Freeing the victim and the jailor
Through these testimonies, the stories of oppression assumed their rightful place within collective memory, no longer mere accounts of individual trauma and suffering. The voice of the victim as she delves in the depths of the past, exposing crimes and horrors perpetrated behind high walls, in the dark dungeons of dictatorship, becomes more potent than the jailor's whip and torture weapons.
The aim of transitional justice is not to avenge the victims, but to liberate both victim and jailor, through exposure of the horrors meted on the one and confession of the crimes committed by the other. The purpose is to finally heal long-festering wounds and mend old cracks, in the hope of drawing a line of closure under the dark chapters of totalitarianism in Tunisia's modern history.

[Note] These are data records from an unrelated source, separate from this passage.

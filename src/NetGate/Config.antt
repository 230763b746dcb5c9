-- ===== src/NetGate/Config.antt =====
-- backend/internal/netgate/config.go: the live config file and its data. The file at the config
-- path is the state: `none` while it does not exist.
use router_docker.Prelude.Exec.{Exec}
use router_docker.Prelude.{
  ◌≡◌, Bool, Option, none, some, List, [], if◌then◌else◌, Result, ok, err, io,
}
use router_docker.Text.{Bytes}
use router_docker.Text.Decimal.{ℤ, pos}

pub record OutboundRule : Type 0 where
  pub action : Bytes
  pub cidr : Bytes

pub record Forward : Type 0 where
  pub host_port : ℤ
  pub target_host : Bytes
  pub target_port : ℤ

pub record ServiceLimit : Type 0 where
  pub target_host : Bytes
  pub limit_mbps : ℤ

pub record Bandwidth : Type 0 where
  pub total_mbps : ℤ
  pub services : List ServiceLimit

pub record FileConfig : Type 0 where
  pub outbound : List OutboundRule
  pub forwards : List Forward
  pub bandwidth : Bandwidth

-- `fileConfig{}`
abbrev pub empty_config : FileConfig
empty_config = record {
  outbound = [];
  forwards = [];
  bandwidth = record { total_mbps = pos 0; services = [] };
}

-- yaml.v3 on a `fileConfig`, and how the system answers. `C` is what a file can hold.
pub record Backend (C : Type 0) : Type 0 where
  pub marshal : FileConfig → C
  pub unmarshal : C → Option FileConfig
  pub read_ok : Bool
  pub write_ok : Bool

abbrev pub Live : Type 0 → Type 0 → Type 0
Live C A = Exec (Option C) A

module _ {C : Type 0} (b : Backend C) where
  abbrev decoded : Option FileConfig → Result FileConfig
  decoded none = err io
  decoded (some cfg) = ok cfg

  unfoldable pub load_from : Option C → Result FileConfig
  load_from none = ok empty_config
  load_from (some content) = if b.read_ok then decoded (b.unmarshal content) else err io

  unfoldable pub load : Live C FileConfig
  load s = (load_from s, s)

  -- `atomicfile.Write`: the old content stays if any step fails
  unfoldable pub save : FileConfig → Live C (Unit {0})
  save cfg s = if b.write_ok then (ok tt, some (b.marshal cfg)) else (err io, s)

-- what is documented of yaml.v3
pub record IsBackend {C : Type 0} (b : Backend C) : Type 0 where
  pub unmarshal-marshal : (cfg : FileConfig) → b.unmarshal (b.marshal cfg) ≡ some cfg
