-- ===== src/Net/Cidr.antt =====
-- `net.ParseCIDR`, and what the program asks of a network. The network's address is masked, and
-- `bits` is the length of its mask, 32 for IPv4.
use router_docker.Prelude.Maybe.{◌>>=◌, ◌>>◌, check}
use router_docker.Prelude.{
  ℕ, ◌+◌, ◌-◌, ◌*◌, ◌/◌, ◌^◌, not, ◌&&◌, Option, some, [], ◌∷◌, leb, ltb, ◌==◌, if◌then◌else◌,
  is_empty, all,
}
use router_docker.Text.{Bytes, cut, is_digit}
use router_docker.Net.Address.{parse_addr, mapped}

pub record IpNet : Type 0 where
  -- the network number, `ones` bits of prefix in an address of `bits` bits
  pub base : ℕ
  pub ones : ℕ
  pub bits : ℕ

number_from : ℕ → Bytes → ℕ
number_from acc [] = acc
number_from acc (c ∷ s) = number_from (acc * 10 + (c - b'0')) s

-- `dtoi` on a whole text; it gives up at 0xFFFFFF
prefix_length : Bytes → Option ℕ
unfolding number_from
prefix_length s = do
  check (not (is_empty s) && all is_digit s)
  check (ltb (number_from 0 s) 0xffffff)
  some (number_from 0 s)

-- the value of an address without the bits behind the prefix
abbrev pub masked : ℕ → ℕ → ℕ → ℕ
masked v ones bits = v / 2 ^ (bits - ones) * 2 ^ (bits - ones)

abbrev own_value : ℕ → ℕ → ℕ
own_value ip bits = if bits == 32 then ip - mapped 0 else ip

unfoldable pub parse_cidr : Bytes → Option IpNet
unfolding cut parse_addr prefix_length
parse_cidr s = do
  parts ← cut b'/' s
  addr ← parse_addr parts.0
  ones ← prefix_length parts.1
  check (leb ones addr.1)
  some (record { base = masked (own_value addr.0 addr.1) ones addr.1; ones = ones; bits = addr.1 })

Indeed, the revolution should free both victim and jailor, the victim whose body was subjected to all forms of abuse and violation, and the jailor who was used as the instrument of subjugation and terror by a system founded on repression.
Generation after generation of Tunisian activists and dissidents have suffered the horrors of torture, imprisonment and forced exile. Many have gone to their graves without seeing their dream of a homeland free of injustice, persecution, arbitrary arrests and violation of human dignity realized.
Today, their voices, the sighs of those crushed by decades of state repression, Youssefists, nationalists, trade unionists, leftists and Islamists, echo in the victims' public testimonies.
Perhaps this could offer a glimpse of hope to an Arab world still reeling under the crushing weight of despotism, that its long struggles for freedom and dignity have not been in vain, and that sooner or later justice will prevail.